Host vitamin D status is dependent on the microbiota. (MUC9P.747)

Abstract

Abstract Vitamin D deficiency is linked to susceptibility to inflammatory bowel disease (IBD). Mice deficient in vitamin D are more susceptible to experimental colitis than supplemented mice. Vitamin D alters the microbiota suggesting some of the effects of vitamin D on IBD are due to changes in the microbiota. Here we explored how the microbiota affect vitamin D metabolism using germ-free (GF) mice. Vitamin D is converted to 25D3. 25D3 is converted primarily in the kidney to 1,25D3, by 1α-OHase (Cyp27B1), or to 24,25D3 for degradation. Expression of Cyp27B1 was significantly higher in conventional (CV) versus GF kidneys. GF mice were given vehicle or 5μg vitamin D3 for 14 days and then conventionalized while maintaining their respective treatments for another 14 days. Liquid chromatography mass spectrometry was used to measure plasma vitamin D3, 25D3, 24,25D3, and 1,25D3 from GF mice before and after conventionalization.

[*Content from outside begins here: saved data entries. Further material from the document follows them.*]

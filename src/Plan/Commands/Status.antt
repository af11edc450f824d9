-- ===== src/Plan/Commands/Status.antt =====
-- The lifecycle of a plan command and the query of the command reconciler
-- (internal/usecase/agentosplan/commands.go, `RecoverablePlanCommandStatuses` to
-- `ValidatePlanCommandRef`; contract.go, `PlanCommandStatus`; scope.go, `ValidatePlanRef`).
use go_agent.Prelude.{
  ℤ, pos, ltb_ℤ, String, is_empty, Key, key_eq, key_iff, string_key, Bool, true, false, ◌&&◌, ◌||◌,
  not, List, [], ◌∷◌, ◌++◌, Option, none, some, Error, Result, ok, err, errorf,
  err_invalid_run_plan, err_invalid_plan_scope, if◌then◌else◌, ◌≡◌, ◌↔◌, arith,
}
use go_agent.Prelude.Dict.{Dict, put, has}

-- `unset` is the empty string, and `other` any string that no constant names.
pub data PlanCommandStatus : Type 0 where
  unset pending delivered failed : PlanCommandStatus
  other : String → PlanCommandStatus

abbrev pub status_text : PlanCommandStatus → String
status_text PlanCommandStatus.unset = ""
status_text PlanCommandStatus.pending = "pending"
status_text PlanCommandStatus.delivered = "delivered"
status_text PlanCommandStatus.failed = "failed"
status_text (PlanCommandStatus.other name) = name

-- Go's `==` on two statuses.
abbrev pub same_status : PlanCommandStatus → PlanCommandStatus → Bool
same_status PlanCommandStatus.unset PlanCommandStatus.unset = true
same_status PlanCommandStatus.pending PlanCommandStatus.pending = true
same_status PlanCommandStatus.delivered PlanCommandStatus.delivered = true
same_status PlanCommandStatus.failed PlanCommandStatus.failed = true
same_status (PlanCommandStatus.other a) (PlanCommandStatus.other b) = key_eq a b
same_status _ _ = false

pub same_status_iff : (a b : PlanCommandStatus) → (same_status a b ≡ true) ↔ (a ≡ b)
same_status_iff a b = (
  λ same. ground (arith, key_iff (status_text a) (status_text b)),
  λ equal. ground (arith, key_iff (status_text a) (status_text b)),
)

instance abbrev pub status_key : Key PlanCommandStatus
status_key = record { beq = same_status; beq_iff = same_status_iff }

pub record PlanCommandScope : Type 0 where
  pub plan_id : String
  pub account_id : String
  pub project_id : String
  pub action : String
  pub statuses : List PlanCommandStatus
  pub limit : ℤ

abbrev pub is_recoverable : PlanCommandStatus → Bool
is_recoverable PlanCommandStatus.pending = true
is_recoverable PlanCommandStatus.failed = true
is_recoverable _ = false

-- The loop of `RecoverablePlanCommandStatuses`.
unfoldable pub recoverable_loop :
    List PlanCommandStatus
    → Dict {0, 0} PlanCommandStatus Unit
    → List PlanCommandStatus
    → Result (List PlanCommandStatus)
unfolding put has
recoverable_loop statuses seen [] = ok statuses
recoverable_loop statuses seen (status ∷ rest) =
    if is_recoverable status
    then if has status seen
      then recoverable_loop statuses seen rest
      else recoverable_loop (statuses ++ status ∷ []) (put status tt seen) rest
    else err (
        errorf err_invalid_run_plan "command status %q is not recoverable"
          (status_text status ∷ []))

unfoldable pub recoverable_plan_command_statuses :
    PlanCommandScope → Result (List PlanCommandStatus)
unfolding recoverable_loop
recoverable_plan_command_statuses scope =
    if ltb_ℤ scope.limit (pos 0)
    then err (errorf err_invalid_run_plan "command limit must be non-negative" [])
    else if (is_empty scope.account_id && not (is_empty scope.project_id))
        || (not (is_empty scope.account_id) && is_empty scope.project_id)
    then err (
        errorf err_invalid_plan_scope "command account_id and project_id must be provided together"
          [])
    else elim scope.statuses [
      | [] ↦ ok (PlanCommandStatus.pending ∷ PlanCommandStatus.failed ∷ [])
      | status ∷ rest ↦ recoverable_loop [] [] (status ∷ rest)
    ]

unfoldable pub normalize_new_plan_command_status : PlanCommandStatus → Result PlanCommandStatus
normalize_new_plan_command_status PlanCommandStatus.unset = ok PlanCommandStatus.pending
normalize_new_plan_command_status PlanCommandStatus.pending = ok PlanCommandStatus.pending
normalize_new_plan_command_status status = err (
    errorf err_invalid_run_plan "new command status must be %q, got %q"
      ("pending" ∷ status_text status ∷ []))

unfoldable pub validate_plan_command_status : PlanCommandStatus → Option Error
validate_plan_command_status PlanCommandStatus.pending = none
validate_plan_command_status PlanCommandStatus.delivered = none
validate_plan_command_status PlanCommandStatus.failed = none
validate_plan_command_status status =
    some (errorf err_invalid_run_plan "command status %q is invalid" (status_text status ∷ []))

unfoldable pub validate_plan_command_status_transition :
    PlanCommandStatus → PlanCommandStatus → Option Error
unfolding validate_plan_command_status
validate_plan_command_status_transition current next = elim (validate_plan_command_status current) [
  | some e ↦ some e
  | none ↦ elim (validate_plan_command_status next) [
    | some e ↦ some e
    | none ↦
        if same_status current next
        then none
        else if same_status current PlanCommandStatus.delivered
        then some (errorf err_invalid_run_plan "delivered command is terminal" [])
        else if same_status next PlanCommandStatus.pending
        then some
            (errorf err_invalid_run_plan "command status cannot move back to %q" ("pending" ∷ []))
        else none
  ]
]

pub record PlanRef : Type 0 where
  pub plan_id : String
  pub account_id : String
  pub project_id : String

unfoldable pub validate_plan_ref : PlanRef → Option Error
validate_plan_ref ref =
    if is_empty ref.plan_id
    then some (errorf err_invalid_plan_scope "plan id is required" [])
    else if is_empty ref.account_id
    then some (errorf err_invalid_plan_scope "account id is required" [])
    else if is_empty ref.project_id
    then some (errorf err_invalid_plan_scope "project id is required" [])
    else none

pub record PlanCommandRef : Type 0 where
  pub plan_id : String
  pub account_id : String
  pub project_id : String
  pub idempotency_key : String

unfoldable pub validate_plan_command_ref : PlanCommandRef → Option Error
unfolding validate_plan_ref
validate_plan_command_ref ref =
    elim (validate_plan_ref
      record { plan_id = ref.plan_id; account_id = ref.account_id; project_id = ref.project_id }) [
        | some e ↦ some e
        | none ↦
            if is_empty ref.idempotency_key
            then some (errorf err_invalid_run_plan "command idempotency key is required" [])
            else none
      ]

Vitamin D supplementation was less effective in GF mice. Conventionalized mice absorbed more vitamin D and had higher 25D3, 1,25D3, and 24,25D3. Furthermore, after correcting for differences in absorption between GF and CV mice, 1,25D3 was still significantly decreased in GF mice. This indicates GF mice neither absorb nor metabolize vitamin D normally. Differences in vitamin D metabolism between GF and CV mice suggest the microbiota play a role in regulating host vitamin D status, which could affect host immune responses and susceptibility to diseases like IBD.